# Guess the Score Saturday Feb. 5th @ Hawks



## Pacers Fan (Aug 25, 2002)

Pacers at Atlanta
7:00, Philips Arena
TV: WB4 Radio: WIBC

Curry, Edwards, and Harrison (I'm guessing Tinsley now) are on the IR for the Pacers

Anderson, Crawford, and Smith are on the IR for the Hawks (Lucky us)

Pacers 103
Hawks 88

Pacers Leading Scorer- Stephen Jackson (31)

Hawks Leading Scorer- Al Harrington (29)

This should be a good game for Jackson to get redemption for when Al outscored him 30-9


----------



## Gonzo (Oct 14, 2004)

Pacers- 99
Hawks- 94


----------



## Jermaniac Fan (Jul 27, 2003)

Pacers 99, Hawks 93

JO 30pts
Harrington 22pts


----------



## Gonzo (Oct 14, 2004)

Anyone know what Tinsley is going to do?


----------



## rock747 (Aug 3, 2004)

> Originally posted by <b>Bird Fan33</b>!
> Anyone know what Tinsley is going to do?


This is susposed to be the last one he's sitting out.

Pacers 99

Hawks 87


----------



## Turkish Delight (Mar 17, 2004)

96 - 93 Pacers

Stephen Jackson 28 Points
Al Harrington 26 Points


----------



## Jermaniac Fan (Jul 27, 2003)

Who do you think will be guarding Jermaine.. Harrington or Walker?
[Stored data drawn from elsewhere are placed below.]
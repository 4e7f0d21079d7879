-- ===== src/Contexts/Listing.antt =====
-- What the list of an owner's contexts holds.
use warp_work.Base.{
  ℕ, ◌∷◌, [], ◌≡◌, ◌↔◌, ◌≢◌, refl, Bool, true, not, ◌&&◌, ◌||◌, none, List, Text, In, In-sort_by,
  In-keep, keep, find_of_any, any, ◌==◌, arith, Option-cases, inl, inr,
}
use warp_work.Base.Result.{ok}
use warp_work.Store.{Env, World, run_up, IsUp}
use warp_work.Store.Contexts.{Context, ContextDb, find_context}
use warp_work.Store.Contexts.Tree.{list_contexts, is_in_tree, path_before, path_of}
use warp_work.Store.Contexts.Forest.{IsForest}
use warp_work.Store.Contexts.Forest.Fuel.{ancestry-Rooted}
use warp_work.Contexts.{list}

-- The owner's contexts, without the archived ones where these are not asked for.
abbrev pub IsListed : ℕ → Bool → ContextDb → Context → Type 0
IsListed user_id include_archived db c =
    In c db.contexts × (c.user_id ≡ user_id) × ((include_archived || not c.is_archived) ≡ true)

any_id : (c : Context) (cs : List Context) → In c cs → any (λ x. x.id == c.id) cs ≡ true
any_id c [] h = absurd h
any_id c (x ∷ xs) h = ground (arith, any_id c xs)

find_context-In : (db : ContextDb) (c : Context) → In c db.contexts → find_context c.id db ≢ none
unfolding find_context
find_context-In db c h = find_of_any (λ x. x.id == c.id) db.contexts (any_id c db.contexts h)

is_in_tree-IsForest :
    (text_before : Text → Text → Bool) (db : ContextDb) (c : Context)
    → IsForest db
    → In c db.contexts
    → is_in_tree text_before db c ≡ true
is_in_tree-IsForest text_before db c f h = elim (Option-cases (find_context c.id db)) [
  | inl e ↦ absurd (find_context-In db c h e)
  | inr (row, e) ↦
      let (rows, e) = ancestry-Rooted db c.id (f c.id row.parent_id (ground arith)) in ground arith
]

-- Where every chain of parents ends at a root and the call reaches the database, List returns
-- exactly the owner's contexts, the archived ones only where they are asked for.
pub list-IsForest :
    (env : Env) (text_before : Text → Text → Bool) (user_id : ℕ) (include_archived : Bool)
    (w : World ContextDb)
    → IsUp env w
    → IsForest w.db
    → (rows : List Context) × ((list env text_before user_id include_archived w).0 ≡ ok rows)
      × ((c : Context) → In c rows ↔ IsListed user_id include_archived w.db c)
unfolding list
list-IsForest env text_before user_id include_archived w up f =
    rw (run_up env (list_contexts text_before user_id include_archived) w up) (
      unfold list_contexts in
      (
        _,
        refl,
        λ c. ground (
          arith,
          In-sort_by (before w.db) c (keep (passes w.db) w.db.contexts),
          In-keep (passes w.db) c w.db.contexts,
          is_in_tree-IsForest text_before w.db c f,
        ),
      ))
  where
    before : ContextDb → Context → Context → Bool
    before db a b = path_before text_before (path_of text_before db a) (path_of text_before db b)

    passes : ContextDb → Context → Bool
    passes db c =
        c.user_id == user_id
        && (include_archived || not c.is_archived)
        && is_in_tree text_before db c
I think that walker is trying to defend Stephen and Harrington is trying to stop Jermaine..


----------



## StephenJackson (Oct 28, 2004)

Pacers 102, Hawks 89

AJ had a great game last night, let's hope he goes out to play tonight and doesn't force things.


----------



## Turkish Delight (Mar 17, 2004)

> Originally posted by <b>StephenJackson</b>!
> Pacers 102, Hawks 89
> 
> AJ had a great game last night, let's hope he goes out to play tonight and doesn't force things.


Yeah hopefully that will not be the case. 
I expect AJ to have another pretty good game, probably not as good as last night's, but a pretty solid performance nontheless.


----------



## DJMD (Nov 20, 2004)

Pacers 100
Hawks 85

Pacers aren't good in Back-to-Back games, but I hope they should be able to beat the Hawks.


----------



## naptownpimp (Feb 1, 2004)

pacers 101
hawks 95


----------



## PacersguyUSA (Sep 1, 2002)

Hawks: 95
Pacers: 93

I don't think that's how it's going to go down, but we don't seem to play well against bad opponents.


----------



## StephenJackson (Oct 28, 2004)

> Originally posted by <b>PacersguyUSA</b>!
> Hawks: 95
> Pacers: 93
> 
> I don't think that's how it's going to go down, but we don't seem to play well against bad opponents.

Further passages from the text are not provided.